** GOAL OF THE EXERCISE **
A word-for-word restatement of every record is required.

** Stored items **
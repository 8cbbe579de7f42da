-- ===== src/Prelude/Int.antt =====
-- Signed integers over the native numbers.
use Prim.Native.Nat.{ℕ, zero, suc, ◌-◌}
use hipace.Prelude.Tests.{leb, if◌then◌else◌}

-- `negsuc n` is -(n + 1).
pub data ℤ : Type 0 where
  pos : ℕ → ℤ
  negsuc : ℕ → ℤ

-- a - b, as an integer.
abbrev pub sub_ℕ : ℕ → ℕ → ℤ
sub_ℕ a b = if leb b a then pos (a - b) else negsuc (b - a - 1)

-- -|a|.
abbrev pub neg_abs : ℤ → ℤ
neg_abs (pos zero) = pos zero
neg_abs (pos (suc n)) = negsuc n
neg_abs (negsuc n) = negsuc n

** ANSWER TO THIS TASK **
repository 8cbbe579de7f42da
-- ===== src/Prelude/Int.antt =====
-- Signed integers over the native numbers.
use Prim.Native.Nat.{ℕ, zero, suc, ◌-◌}
use hipace.Prelude.Tests.{leb, if◌then◌else◌}

-- `negsuc n` is -(n + 1).
pub data ℤ : Type 0 where
  pos : ℕ → ℤ
  negsuc : ℕ → ℤ

-- a - b, as an integer.
abbrev pub sub_ℕ : ℕ → ℕ → ℤ
sub_ℕ a b = if leb b a then pos (a - b) else negsuc (b - a - 1)

-- -|a|.
abbrev pub neg_abs : ℤ → ℤ
neg_abs (pos zero) = pos zero
neg_abs (pos (suc n)) = negsuc n
neg_abs (negsuc n) = negsuc n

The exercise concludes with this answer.